IA générative – ChatGPT
Un voyage dans le futur (sans DeLorean)*

 

*La DeLorean est une machine à voyager dans le temps, sous la forme d’une automobile, popularisée par la trilogie cinématographique Retour vers le futur.

L’intelligence artificielle (IA) générative — incarnée ici par ChatGPT — est au cœur d’une révolution technologique qui bouleverse le monde du travail et, plus particulièrement, les emplois des cols blancs. Cet article vous invite à explorer ce que ChatGPT est, comment il fonctionne, et ce qu’il signifie pour l’avenir des travailleurs. C’est un voyage sans DeLorean, mais qui nous propulse dans un futur fascinant et complexe, où la technologie redéfinit ce que signifie travailler.

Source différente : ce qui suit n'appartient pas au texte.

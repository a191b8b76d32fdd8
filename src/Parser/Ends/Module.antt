-- ===== src/Parser/Ends/Module.antt =====
-- Procedures and modules end: src/compiler/parser.cc.
use axcomp.Prelude.{
  ℕ, zero, suc, ◌+◌, ◌*◌, ◌≤◌, ◌<◌, ◌≡◌, ◌≢◌, refl, sym, ◌∙◌, ap, arith, List, [], ◌∷◌, Option,
  some, none, Text, text_eq,
}
use axcomp.Error.{Ends, returns, throws, Ends-mono, Ends-ne-out_of_fuel, out_of_fuel}
use axcomp.Token.{
  TokenType, Token, type_eq, ident, comma, semicolon, period, assign, caret, kw_module, kw_import,
  kw_begin, kw_end, kw_procedure,
}
use axcomp.Token
use axcomp.Lexer.Unicode.{IsUnicode}
use axcomp.Lexer.State.{available}
use axcomp.SymbolTable.Map.{lookup}
use axcomp.SymbolTable.Frames
use axcomp.SymbolTable.Frames.{Frames, push_at, pop_to}
use axcomp.SymbolTable.Frames.Invariant.{IsValid, push_frame-IsValid, pop_frame-IsValid}
use axcomp.Parser.State.{Library, Symbol, State, push_frame, pop_frame, is_type, with_frames}
use axcomp.Parser.Stmt.{module_ends}
use axcomp.Parser.Module.{
  check_end, parse_body, parse_procedure_forward, parse_procedure, parse_procedures,
  parse_one_import, import_list, parse_import, parse_module,
}
use axcomp.Parser.Ends.{
  Kept, Kept-trans, After, no_fuel, Takes, Ends-run, Takes-pure, Takes-bind, Takes-le, Takes-throw,
  Takes-if, Sees-if, Sees-any,
}
use axcomp.Parser.Ends.Tables.{put-Takes}
use axcomp.Parser.Ends.Tokens.{
  Sees-next, weight-type, Takes-peek, next-Takes, peek-Takes, get_token-Takes,
}
use axcomp.Parser.Ends.Basic.{parse_identifier-Takes}
use axcomp.Parser.Ends.Stmt.{statements-end}
use axcomp.Parser.Ends.Decl.{expect, parse_declaration-Takes, parse_proc-Takes}

pub check_end-Takes : (n : ℕ) (msg s t : Text) → Takes n 0 (check_end msg s t)
check_end-Takes n msg s t = Takes-if (text_eq s t) (λ _. Takes-pure n tt) (λ _. Takes-throw msg)

-- A frame on the stack.
stack-push_frame :
    (name : Text) (fr : Frames Symbol)
    → (i : ℕ) × ((Frames.push_frame name fr).frame_stack ≡ i ∷ fr.frame_stack)
unfolding Frames.push_frame
stack-push_frame name fr = go (lookup name fr.frame_map)
  where
    go : (o : Option ℕ) → (i : ℕ) × ((push_at name fr o).frame_stack ≡ i ∷ fr.frame_stack)
    go none = (_, refl)
    go (some i) = (i, refl)

stack-pop_frame :
    (i : ℕ) (is : List ℕ) (fr fr' : Frames Symbol)
    → fr.frame_stack ≡ i ∷ is
    → Frames.pop_frame fr ≡ some fr'
    → fr'.frame_stack ≡ is
unfolding Frames.pop_frame
stack-pop_frame i is fr fr' e popped = go is (ap (λ st. pop_to st fr) (sym e) ∙ popped)
  where
    go : (js : List ℕ) → pop_to (i ∷ js) fr ≡ some fr' → fr'.frame_stack ≡ js
    go [] h = cc
    go (j ∷ js) h = cc

-- What is done in a frame keeps the frames outside of it.
Kept-frame :
    (name : Text) (a b c : Frames Symbol)
    → Kept (Frames.push_frame name a) b
    → Frames.pop_frame b ≡ some c
    → Kept a c
Kept-frame name a b c inside popped =
    let pushed = stack-push_frame name a in
    record {
      valid = λ v. pop_frame-IsValid b c (inside.valid (push_frame-IsValid name a v)) popped;
      stack = stack-pop_frame pushed.0 a.frame_stack b c (inside.stack ∙ pushed.1) popped;
    }

pop_frame-run :
    (name : Text) (a : Frames Symbol) (s : State)
    → Kept (Frames.push_frame name a) s.symbols
    → Ends (λ r. (r.1.lexer ≡ s.lexer) × Kept a r.1.symbols) (pop_frame s)
unfolding pop_frame
pop_frame-run name a s inside = go (Frames.pop_frame s.symbols) refl
  where
    go :
        (o : Option (Frames Symbol))
        → Frames.pop_frame s.symbols ≡ o
        → Ends (λ r. (r.1.lexer ≡ s.lexer) × Kept a r.1.symbols) (with_frames s o)
    go none e = throws
    go (some fr) e = returns (refl, Kept-frame name a s.symbols fr inside e)

module _ (lib : Library) (good : IsUnicode lib.unicode) where
  parse_body-Takes : (f n : ℕ) → 20 * n ≤ f → Takes n 0 (parse_body lib f)
  unfolding parse_body Token.ordinal
  parse_body-Takes f n h =
      let stats = statements-end lib good f in
      Takes-bind 0 (peek-Takes lib good n) λ tok m le.
        Takes-if (is_type tok kw_begin)
          (λ _.
            Takes-bind 1 (get_token-Takes lib good m kw_begin refl)
              λ _ m1 le1. stats.block m1 module_ends (omega arith))
          λ _. Takes-pure m _

  parse_procedure_forward-Takes : (f n : ℕ) → 20 * n ≤ f → Takes n 0 (parse_procedure_forward lib f)
  unfolding parse_procedure_forward
  parse_procedure_forward-Takes f n h = Takes-bind 0 (next-Takes lib good n) λ _ m le.
      Takes-bind 0 (Takes-le 1 (omega arith) (parse_proc-Takes lib good f m (omega arith)))
        λ p m1 le1. Takes-bind 0 (put-Takes m1 _ _) λ _ m2 le2. Takes-pure m2 p

  -- What holds of the procedures that call each other, on fuel `f`.
  record ProcEnds (f : ℕ) : Type 0 where
    procedure : (n : ℕ) → 20 * n + 1 ≤ f → Takes n 0 (parse_procedure lib f)
    procedures : (n : ℕ) → 20 * n + 1 ≤ f → Takes n 0 (parse_procedures lib f)

  module _ (f : ℕ) (below : ProcEnds f) where
    parse_procedure-Takes : (n : ℕ) → 20 * n + 1 ≤ suc f → Takes n 0 (parse_procedure lib (suc f))
    unfolding parse_procedure push_frame Token.ordinal
    parse_procedure-Takes n h s le =
        Ends-run (parse_proc-Takes lib good f n (omega arith) s le) λ p s1 a1.
          let less1 = a1.less in
          let s2 : State = record s1 { symbols = Frames.push_frame p.name.value s1.symbols } in
          Ends-run
            (parse_declaration-Takes lib good f (available s1.lexer) (omega arith) s2 (omega arith))
            λ decs s3 a3.
              let less3 = a3.less in
              Ends-run (below.procedures (available s3.lexer) (omega arith) s3 (omega arith))
                λ ps s4 a4.
                  let less4 = a4.less in
                  Ends-run (parse_body-Takes f (available s4.lexer) (omega arith) s4 (omega arith))
                    λ ss s5 a5.
                      let less5 = a5.less in
                      let inside : Kept s2.symbols s5.symbols =
                        Kept-trans a3.kept (Kept-trans a4.kept a5.kept) in
                      Ends-run (pop_frame-run p.name.value s1.symbols s5 inside)
                        λ _ s6 (same, outside).
                          let count : available s6.lexer ≡ available s5.lexer = ap available same in
                          Ends-mono {P = λ r. After 0 s6 r.1}
                            ((Takes-bind 0 (expect lib good (available s6.lexer) kw_end refl)
                                λ _ m1 le1.
                                  Takes-bind 0 (expect lib good m1 ident refl) λ tok m2 le2.
                                    Takes-bind 0 (check_end-Takes m2 _ tok.val p.name.value)
                                      λ _ m3 le3.
                                        Takes-bind 0 (expect lib good m3 semicolon refl) λ _ m4 le4.
                                          Takes-bind 0 (put-Takes m4 _ _)
                                            λ _ m5 le5. Takes-pure m5 _)
                              s6 (omega arith))
                            λ r more.
                              let less6 = more.less in
                              record {
                                less = omega arith;
                                kept = Kept-trans a1.kept (Kept-trans outside more.kept);
                              }

    parse_procedures-Takes : (n : ℕ) → 20 * n + 1 ≤ suc f → Takes n 0 (parse_procedures lib (suc f))
    unfolding parse_procedures Token.ordinal
    parse_procedures-Takes n h = Takes-peek lib good λ tok.
        Sees-if (is_type tok kw_procedure)
          (λ seen. Sees-next lib good (weight-type tok kw_procedure seen refl) λ _ m le.
            Takes-bind 0 (peek-Takes lib good m) λ after m1 le1.
              Takes-bind 0
                (Takes-if (is_type after caret)
                  (λ _.
                    Takes-bind 0 (parse_procedure_forward-Takes f m1 (omega arith))
                      λ p m2 le2. Takes-pure m2 _)
                  λ _. below.procedure m1 (omega arith))
                λ p m2 le2.
                  Takes-bind 0 (below.procedures m2 (omega arith)) λ rest m3 le3. Takes-pure m3 _)
          λ _. Sees-any (Takes-pure n _)

  procedures-end : (f : ℕ) → ProcEnds f
  procedures-end zero = record {
    procedure = λ n h. no_fuel _ (omega arith) h;
    procedures = λ n h. no_fuel _ (omega arith) h;
  }
  procedures-end (suc f) =
      let below = procedures-end f in
      record {
        procedure = parse_procedure-Takes f below;
        procedures = parse_procedures-Takes f below;
      }

  parse_one_import-Takes : (n : ℕ) → Takes n 1 (parse_one_import lib)
  unfolding parse_one_import
  parse_one_import-Takes n = Takes-bind 1 (parse_identifier-Takes lib good n) λ id m le.
      Takes-bind 0 (peek-Takes lib good m) λ tok m1 le1.
        Takes-if (is_type tok assign)
          (λ _. Takes-bind 0 (next-Takes lib good m1) λ _ m2 le2.
            Takes-bind 0 (Takes-le 1 (omega arith) (parse_identifier-Takes lib good m2))
              λ second m3 le3. Takes-bind 0 (put-Takes m3 _ _) λ _ m4 le4. Takes-pure m4 _)
          λ _. Takes-bind 0 (put-Takes m1 _ _) λ _ m2 le2. Takes-pure m2 _

  import_list-Takes : (f n : ℕ) → 20 * n + 1 ≤ f → Takes n 0 (import_list lib f)
  unfolding import_list Token.ordinal
  import_list-Takes zero n h = no_fuel _ (omega arith) h
  import_list-Takes (suc f) n h = Takes-bind 1 (parse_one_import-Takes n) λ i m le.
      Takes-bind 0 (peek-Takes lib good m) λ tok m1 le1.
        Takes-if (is_type tok comma)
          (λ _. Takes-bind 0 (expect lib good m1 comma refl) λ _ m2 le2.
            Takes-bind 0 (import_list-Takes f m2 (omega arith)) λ rest m3 le3. Takes-pure m3 _)
          λ _. Takes-pure m1 _

  parse_import-Takes : (f n : ℕ) → 20 * n + 1 ≤ f → Takes n 0 (parse_import lib f)
  unfolding parse_import Token.ordinal
  parse_import-Takes f n h = Takes-bind 0 (next-Takes lib good n) λ _ m le.
      Takes-bind 0 (import_list-Takes f m (omega arith))
        λ is m1 le1. Takes-bind 0 (expect lib good m1 semicolon refl) λ _ m2 le2. Takes-pure m2 is

  parse_module-Takes : (f n : ℕ) → 20 * n ≤ f → Takes n 1 (parse_module lib f)
  unfolding parse_module Token.ordinal
  parse_module-Takes f n h =
      let procs = procedures-end f in
      Takes-bind 1 (get_token-Takes lib good n kw_module refl) λ _ m le.
        Takes-bind 0 (expect lib good m ident refl) λ name m1 le1.
          Takes-bind 0 (put-Takes m1 _ _) λ _ m2 le2.
            Takes-bind 0 (expect lib good m2 semicolon refl) λ _ m3 le3.
              Takes-bind 0 (peek-Takes lib good m3) λ tok m4 le4.
                Takes-bind 0
                  (Takes-if (is_type tok kw_import)
                    (λ _.
                      Takes-bind 0 (parse_import-Takes f m4 (omega arith))
                        λ is m5 le5. Takes-pure m5 _)
                    λ _. Takes-pure m4 _)
                  λ imports m5 le5.
                    Takes-bind 0 (parse_declaration-Takes lib good f m5 (omega arith))
                      λ decs m6 le6. Takes-bind 0 (procs.procedures m6 (omega arith)) λ ps m7 le7.
                        Takes-bind 0 (parse_body-Takes f m7 (omega arith)) λ ss m8 le8.
                          Takes-bind 0 (expect lib good m8 kw_end refl) λ _ m9 le9.
                            Takes-bind 0 (expect lib good m9 ident refl) λ last m10 le10.
                              Takes-bind 0 (check_end-Takes m10 _ last.val name.val) λ _ m11 le11.
                                Takes-bind 0 (expect lib good m11 period refl)
                                  λ _ m12 le12. Takes-pure m12 _

  -- With the behaviour that ICU and UTF8-CPP document, and with twenty units of fuel for each
  -- character and token that is left, `parse_module` ends, with a module or with an exception. With a
  -- module it has taken a token, the stack of frames is what it was, and frames that were valid are
  -- valid again.
  pub parse_module-Ends :
      (f : ℕ) (s : State)
      → 20 * available s.lexer ≤ f
      → Ends
          (λ r.
            (available r.1.lexer < available s.lexer)
            × (r.1.symbols.frame_stack ≡ s.symbols.frame_stack)
            × (IsValid s.symbols → IsValid r.1.symbols))
          (parse_module lib f s)
        × (parse_module lib f s ≢ out_of_fuel)
  parse_module-Ends f s h =
      let ends = parse_module-Takes f (available s.lexer) h s (omega arith) in
      (
        Ends-mono ends
            λ r after. let less = after.less in (omega arith, after.kept.stack, after.kept.valid),
        Ends-ne-out_of_fuel ends,
      )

La génèse de ChatGPT : Comment tout a commencé

ChatGPT est un outil d’IA créé par OpenAI, une organisation fondée en 2015 dans le but de développer des intelligences artificielles sûres et bénéfiques pour l’humanité. Le terme « GPT » signifie « Generative Pre-trained Transformer ». En termes simples, il s’agit d’un modèle statistique qui a appris à comprendre et à produire du langage naturel grâce à l’analyse de milliers de milliards de mots prélevés sur Internet.

OpenAI a développé une série de versions de GPT, chaque itération s’avérant plus sophistiquée que la précédente. ChatGPT, dans sa forme actuelle, repose sur GPT-4o, un modèle qui est capable de répondre à des questions complexes, générer du contenu et même résoudre des problèmes de manière créative (je dis bien de manière….). Ce qui le distingue des autres outils de traitement automatique du langage naturel, c’est sa capacité à créer des réponses qui semblent humaines, en utilisant un vaste corpus de textes pour apprendre des structures grammaticales et des concepts.

Comment fonctionne ChatGPT : une Vue Simplifiée…

Le cœur de ChatGPT repose sur les réseaux de neurones, une technologie inspirée du cerveau humain. Imaginez un réseau complexe de neurones artificiels, chacun connecté à d’autres neurones, travaillant de concert pour transformer des phrases simples en idées complexes. Voici comment le processus fonctionne, en termes simples :

Formation : Le modèle est pré-entrainé sur une grande quantité de textes. Pendant cet apprentissage, ChatGPT n’acquiert pas des connaissances directes comme un humain, mais il apprend les régularités, les modèles et les relations entre les mots et les phrases.

Prédiction : Lorsqu’une question est posée à ChatGPT, celui-ci prédit la réponse la plus probable en fonction des données dont il dispose. En pratique, il construit sa réponse mot par mot, chaque mot dépendant du contexte donné par les précédents.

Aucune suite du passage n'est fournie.